To resolve this, the authors employ infinite projected entangled‑pair states (iPEPS), a variational tensor‑network ansatz capable of representing wavefunctions directly in the thermodynamic limit, together with high‑order series‑expansion perturbation theory. In the iPEPS implementation each trimer is treated as a single physical tensor of dimension d = 8, leading to a honeycomb‑lattice network of tensors with virtual bond dimension D. The simple‑update algorithm is used for imaginary‑time evolution, and the environment is contracted via a corner‑transfer‑matrix renormalization group (CTMRG) adapted to the honeycomb geometry. Convergence is ensured by using environment bond dimensions χ up to D(D + 2)+16, achieving energy precision of 10⁻⁶ for D ranging from 2 to 11.

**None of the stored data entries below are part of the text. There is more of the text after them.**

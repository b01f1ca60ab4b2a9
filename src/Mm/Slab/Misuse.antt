-- ===== src/Mm/Slab/Misuse.antt =====
-- src/mm/slab/mod.rs: `free` panics on an address that is not that of an object of the slab in use.
use zheos.Common.{
  ==_iff, ℕ, ◌-◌, ◌*◌, ◌/◌, ◌%◌, ◌^◌, ◌<◌, ◌≡◌, ◌≢◌, refl, ap, ◌∙◌, sym, some, true, false, List,
  ◌∷◌, arith, ◌==◌, ◌/=◌, sub64, panic, ◌⊎◌, inl, inr, ◌<<<◌, subst, Bool-cases, Option-cases,
}
use zheos.Mm.Pfn.{to_addr, from_addr_down}
use zheos.Common.Bits.{bit_and-mask}
use zheos.Mm.Layout.{is_multiple_of_pow2}
use zheos.Mm.Entry.{SlabEntry, slot_new}
use zheos.Mm.Slab.{Slab, Store, free, give_slot, div_pow2, same_slot}
use zheos.Mm.Slab.Chain.{AllBelow, Cut-AddressOf, Cut-InPage, count-pos, slot_at}
use zheos.Mm.Slab.Given.{slot_new-some}
use zheos.Mm.Slab.Holds.{Holds, to_addr_lem, count-le}

-- What is wrong with an address to free: it lies in another page, not at the start of a slot, no
-- object of the slab is in use, or its slot is the one that was freed last.
pub data Misused (p shift in_use : ℕ) (slots : List ℕ) (address : ℕ) : Type 0 where
  other_page : address / 4096 ≢ p → Misused p shift in_use slots address
  inside_object : (address - p * 4096) % 2 ^ shift ≢ 0 → Misused p shift in_use slots address
  none_in_use : in_use ≡ 0 → Misused p shift in_use slots address
  freed_last :
      (i : ℕ) (is : List ℕ)
      → slots ≡ i ∷ is
      → address ≡ slot_at (p * 4096) shift i
      → Misused p shift in_use slots address

module _ {st : Store} {p : Slab} {e : SlabEntry} {shift count : ℕ} {slots : List ℕ}
    (h : Holds st p e shift count slots) where
  -- The tests of `give_slot` in order, with the first that fails.
  page_test :
      (address : ℕ) → (from_addr_down address == p) ≡ false → give_slot st p e address ≡ panic
  unfolding give_slot
  page_test address f = simp (h.class, f)

  offset-start :
      (address : ℕ)
      → (from_addr_down address == p) ≡ true
      → is_multiple_of_pow2 (sub64 address (to_addr p)) (1 <<< shift)
        ≡ ((address - p * 4096) % 2 ^ shift == 0)
  offset-start address f =
      let c = Cut-InPage h.cut 0 (count-pos h.cut) in
      let back : sub64 address (to_addr p) ≡ address - p * 4096 =
        ground (arith, to_addr_lem h, h.cut.room) in
      let mask : sub64 (1 <<< shift) 1 ≡ 2 ^ shift - 1 = omega (arith, c.most, c.positive) in
      rw (back, mask) (ap (λ t. t == 0) (bit_and-mask shift (address - p * 4096)))

  start_test :
      (address : ℕ)
      → (from_addr_down address == p) ≡ true
      → is_multiple_of_pow2 (sub64 address (to_addr p)) (1 <<< shift) ≡ false
      → give_slot st p e address ≡ panic
  unfolding give_slot
  start_test address f g = simp (h.class, f, g)

  later_tests :
      (address : ℕ)
      → (from_addr_down address == p) ≡ true
      → is_multiple_of_pow2 (sub64 address (to_addr p)) (1 <<< shift) ≡ true
      → ((idx : ℕ)
          → slot_new (div_pow2 (sub64 address (to_addr p)) shift) ≡ some idx
          → ((e.in_use /= 0) ≡ false) ⊎ (same_slot e.free_head idx ≡ true))
      → give_slot st p e address ≡ panic
  unfolding give_slot
  later_tests address f g bad =
      elim (Option-cases (slot_new (div_pow2 (sub64 address (to_addr p)) shift))) [
        | inl k ↦ simp (h.class, f, g) (rw k refl)
        | inr (idx, k) ↦ elim (Bool-cases (e.in_use /= 0)) [
          | inr u ↦ simp (h.class, f, g) (rw (k, u) refl)
          | inl u ↦ elim (bad idx k) [
            | inl u' ↦ absurd (ground (arith, u, u'))
            | inr s ↦ simp (h.class, f, g) (rw (k, u, s) refl)
          ]
        ]
      ]

  -- What is left when the address lies in the page and at the start of a slot.
  not_in_use :
      (address : ℕ)
      → Misused p shift e.in_use slots address
      → (from_addr_down address == p) ≡ true
      → is_multiple_of_pow2 (sub64 address (to_addr p)) (1 <<< shift) ≡ true
      → (idx : ℕ) → slot_new (div_pow2 (sub64 address (to_addr p)) shift) ≡ some idx
      → ((e.in_use /= 0) ≡ false) ⊎ (same_slot e.free_head idx ≡ true)
  not_in_use address (other_page ne) f g idx k = absurd (ne ((==_iff (address / 4096) p).0 f))
  not_in_use address (inside_object ne) f g idx k =
      absurd
        (ne ((==_iff ((address - p * 4096) % 2 ^ shift) 0).0 (sym (offset-start address f) ∙ g)))
  not_in_use address (none_in_use z) f g idx k = inl (rw z refl)
  not_in_use address (freed_last i is s at) f g idx k =
      let below : i < count = (subst (λ js. AllBelow count js) s h.below).0 in
      let a = Cut-AddressOf h.cut i below in
      let back : div_pow2 (sub64 address (to_addr p)) shift ≡ i =
        rw (at, to_addr_lem h, a.offset) a.index in
      let found : some i ≡ some idx =
        sym (slot_new-some i count below (count-le h.cut)) ∙ ap slot_new (sym back) ∙ k in
      let same : i ≡ idx = cc found in inr (rw (h.head, s) (ground (arith, same)))

  give_slot-panic :
      (address : ℕ) → Misused p shift e.in_use slots address → give_slot st p e address ≡ panic
  give_slot-panic address bad = elim (Bool-cases (from_addr_down address == p)) [
    | inr f ↦ page_test address f
    | inl f ↦ elim (Bool-cases (is_multiple_of_pow2 (sub64 address (to_addr p)) (1 <<< shift))) [
      | inr g ↦ start_test address f g
      | inl g ↦ later_tests address f g (not_in_use address bad f g)
    ]
  ]

  -- `free` of an address in another page, inside an object, in a slab with none in use or of the slot
  -- that was freed last panics.
  pub free-Misused :
      {address : ℕ} → Misused p shift e.in_use slots address → free st p address ≡ panic
  unfolding free
  free-Misused {address} bad = simp h.here (give_slot-panic address bad)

The iPEPS calculations reveal a first‑order quantum phase transition out of the dimer VBS at a much lower coupling ratio, Jₙ/Jₜ = 0.185(5), than previously reported. Beyond this transition, two competing valence‑bond crystal (VBC) states emerge: a √3 × √3 VBC (three‑fold degenerate, preserving a 120° rotational pattern) and a columnar VBC with a six‑site unit cell (also three‑fold degenerate). By constructing two‑trimer unit‑cell iPEPS setups that respect only the symmetries of each candidate, the authors find that for every finite bond dimension D the √3 × √3 VBC has a slightly lower energy, the difference being of order 10⁻⁵ per site. Because this energy gap is extremely small, the authors supplement the tensor‑network results with a perturbative linked‑cluster expansion.

In the perturbative approach the Hamiltonian is deformed into isolated “bow‑tie” clusters (each consisting of two triangles linked by a dimer bond) with intra‑cluster couplings Jₜ and Jₙ, while inter‑cluster couplings are treated as a small parameter λ. The bow‑tie ground state is non‑degenerate, allowing the use of Löwdin partitioning to compute the ground‑state energy as a power series in λ. Graph‑based linked‑cluster calculations are performed up to seventh order. Remarkably, the energies of the √3 × √3 and columnar VBCs are identical up to fifth order; the first splitting appears at sixth order, precisely matching the tiny 10⁻⁵ energy difference observed in iPEPS. Higher orders amplify this splitting, confirming that the √3 × √3 VBC is energetically favored in the thermodynamic limit.

The combined evidence therefore establishes a clear phase diagram: (i) a robust dimer VBS for Jₙ ≥ Jₜ, (ii) a first‑order transition at Jₙ/Jₜ ≈ 0.185, and (iii) a √3 × √3 VBC as the true ground state for Jₙ < 0.185 Jₜ. The work resolves previous discrepancies, demonstrates the power of combining iPEPS with high‑order perturbation theory to detect minute energy differences, and highlights the delicate balance of competing orders in highly frustrated quantum magnets. The authors suggest that experimental realizations in iron acetate or hybrid copper sulfate compounds, as well as complementary numerical methods such as DMRG or variational Monte Carlo, could be used to test these predictions and explore possible quantum critical behavior near the identified transition.